- [How to complete this task]:
When you reach the line with "fresh = record" in the listing below, transcribe it and each line after it up to and including the line with "dead (record fresh", exactly and with nothing else.

- [Supplied information]:
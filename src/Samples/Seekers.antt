-- ===== src/Samples/Seekers.antt =====
-- The theorems on discovery, on a node with two seekers in its queue.
use artillery.Base.{
  refl, inl, inr, true, List, [], ◌∷◌, some, none, length, arith, ltb, if◌then◌else◌, Bool-cases,
}
use artillery.Discovery.{
  MulticastServiceDiscoveryState, Io, new_state, default_reply_text, register_observer, exit,
  seek_peers, set_broadcast_listen, ServiceDiscoveryRequest,
}
use artillery.Discovery.Sending.{reply_loop}
use artillery.Discovery.Replies.{TakesSome, TakesWhole, Answered, reply_loop-Answered}

-- A socket that takes the first two datagrams and refuses all others.
abbrev pub two_sends : Io
two_sends = record {
  decode_utf8 = λ b. some b;
  parse = λ b. none;
  encode = λ m. some (1 ∷ []);
  send_to = λ k bytes a. if ltb k 2 then some (length bytes) else none;
  reregister = λ t i. true;
  observe = λ o r. true;
}

abbrev pub seeker_node : MulticastServiceDiscoveryState
seeker_node =
    record (new_state (record { timeout_delta = 1000; discovery_addr = 1; seeking_addr = 2 })
      default_reply_text 7 (8 ∷ 9 ∷ []) []) { seeker_replies = 20 ∷ 30 ∷ 40 ∷ [] }

two_sends-TakesWhole : TakesWhole two_sends
two_sends-TakesWhole k bytes a = elim (Bool-cases (ltb k 2)) [
  | inl early ↦ rw early (inr refl)
  | inr late ↦ rw late (inl refl)
]

pub two_sends-TakesSome : TakesSome two_sends
two_sends-TakesSome k b bytes a = elim (Bool-cases (ltb k 2)) [
  | inl early ↦ rw early (inr (length (b ∷ bytes), refl, omega arith, omega arith))
  | inr late ↦ rw late (inl refl)
]

reply_loop-Answered_example :
    Answered
      (8 ∷ 9 ∷ [])
      (20 ∷ 30 ∷ 40 ∷ [])
      seeker_node
      (reply_loop two_sends (8 ∷ 9 ∷ []) (20 ∷ 30 ∷ 40 ∷ []) seeker_node)
reply_loop-Answered_example =
    reply_loop-Answered two_sends 8 (9 ∷ []) (20 ∷ 30 ∷ 40 ∷ []) seeker_node two_sends-TakesWhole
      refl

abbrev asked : List ServiceDiscoveryRequest
asked = register_observer 5 ∷ set_broadcast_listen true ∷ seek_peers ∷ exit 6 ∷ []
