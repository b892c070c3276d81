-- ===== src/Samples/Peers.antt =====
-- The theorems on discovery by mDNS, on two services, and on the end of a service of udp_anycast.
use artillery.Base.{ℕ, ◌≡◌, refl, List, [], ◌∷◌, ◌++◌, ◌+◌, ◌*◌, ◌^◌, some, filter_map}
use artillery.Discovery.{register_observer}
use artillery.Discovery.Service.{
  Turn, EventLoop, Thread, alive, advance, returned, panicked, shutdown, drop_service,
}
use artillery.Discovery.Service.Shutdown.{shutdown-drop}
use artillery.Discovery.Mdns.{
  ip4, udp, other_protocol, MdnsPacket, query, response, service_discovery,
  MdnsServiceDiscoveryConfig, MdnsServiceDiscovery, dead, handle_packets,
}
use artillery.Discovery.Mdns.Peers.{handle_packets-dead, query-dead}
use artillery.Discovery.Mdns.Packets.{socket_of, reported}
use artillery.Samples.Seekers.{two_sends, two_sends-TakesSome, seeker_node}

abbrev here : MdnsServiceDiscoveryConfig
here = record { reply_ttl = 120; local_service_addr = 2130706433 * 65536 + 27845 }

abbrev fresh : MdnsServiceDiscovery
fresh = record { events = []; responses = [] }

abbrev chatter : List MdnsPacket
chatter =
    query 5
    ∷ response (((ip4 7 ∷ udp 8 ∷ []) ∷ (other_protocol 1 ∷ []) ∷ []) ∷ [])
    ∷ service_discovery
    ∷ []

handle_packets-dead_example :
    (t : MdnsServiceDiscovery) × (handle_packets here
        (chatter ++ response (((ip4 9 ∷ udp 9 ∷ []) ∷ (ip4 3 ∷ []) ∷ []) ∷ []) ∷ chatter)
        fresh
      ≡ dead t)
    × (t.events ≡ [] ++ filter_map socket_of (reported chatter ++ (ip4 9 ∷ udp 9 ∷ []) ∷ []))
handle_packets-dead_example =
    handle_packets-dead here chatter chatter (((ip4 9 ∷ udp 9 ∷ []) ∷ (ip4 3 ∷ []) ∷ []) ∷ [])
      ((ip4 9 ∷ udp 9 ∷ []) ∷ []) (ip4 3 ∷ []) [] fresh refl (refl, (refl, tt)) refl (refl, tt) refl

abbrev six : MdnsServiceDiscoveryConfig
six = record { reply_ttl = 120; local_service_addr = 2 ^ 125 }

abbrev greetings : List MdnsPacket
greetings = response (((ip4 7 ∷ udp 8 ∷ []) ∷ []) ∷ []) ∷ []

query-dead_example :
    handle_packets six (greetings ++ query 5 ∷ chatter) fresh
    ≡ dead (record fresh { events = [] ++ filter_map socket_of (reported greetings) })
query-dead_example = query-dead six greetings chatter 5 fresh refl refl (refl, tt)

abbrev quiet : ℕ → Turn
quiet now = record { now = now; restarted = now; polled = some []; io = two_sends }

abbrev resting : EventLoop
resting = record { state = seeker_node; start = 0; events = [] }

shutdown-drop_example :
    (t : Thread) × (shutdown 1000 7 (quiet 5 ∷ []) (alive resting (register_observer 3 ∷ []))
      ≡ returned t)
    × (drop_service 1000 8 (quiet 20 ∷ []) (advance 1000 (quiet 10) t) ≡ panicked)
shutdown-drop_example =
    shutdown-drop 1000 7 8 (quiet 5) (quiet 10) [] (quiet 20 ∷ []) (register_observer 3 ∷ [])
      resting (([], refl), two_sends-TakesSome) refl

- [Exercise answer]:
fresh = record { events = []; responses = [] }

abbrev chatter : List MdnsPacket
chatter =
    query 5
    ∷ response (((ip4 7 ∷ udp 8 ∷ []) ∷ (other_protocol 1 ∷ []) ∷ []) ∷ [])
    ∷ service_discovery
    ∷ []

handle_packets-dead_example :
    (t : MdnsServiceDiscovery) × (handle_packets here
        (chatter ++ response (((ip4 9 ∷ udp 9 ∷ []) ∷ (ip4 3 ∷ []) ∷ []) ∷ []) ∷ chatter)
        fresh
      ≡ dead t)
    × (t.events ≡ [] ++ filter_map socket_of (reported chatter ++ (ip4 9 ∷ udp 9 ∷ []) ∷ []))
handle_packets-dead_example =
    handle_packets-dead here chatter chatter (((ip4 9 ∷ udp 9 ∷ []) ∷ (ip4 3 ∷ []) ∷ []) ∷ [])
      ((ip4 9 ∷ udp 9 ∷ []) ∷ []) (ip4 3 ∷ []) [] fresh refl (refl, (refl, tt)) refl (refl, tt) refl

abbrev six : MdnsServiceDiscoveryConfig
six = record { reply_ttl = 120; local_service_addr = 2 ^ 125 }

abbrev greetings : List MdnsPacket
greetings = response (((ip4 7 ∷ udp 8 ∷ []) ∷ []) ∷ []) ∷ []

query-dead_example :
    handle_packets six (greetings ++ query 5 ∷ chatter) fresh
    ≡ dead (record fresh { events = [] ++ filter_map socket_of (reported greetings) })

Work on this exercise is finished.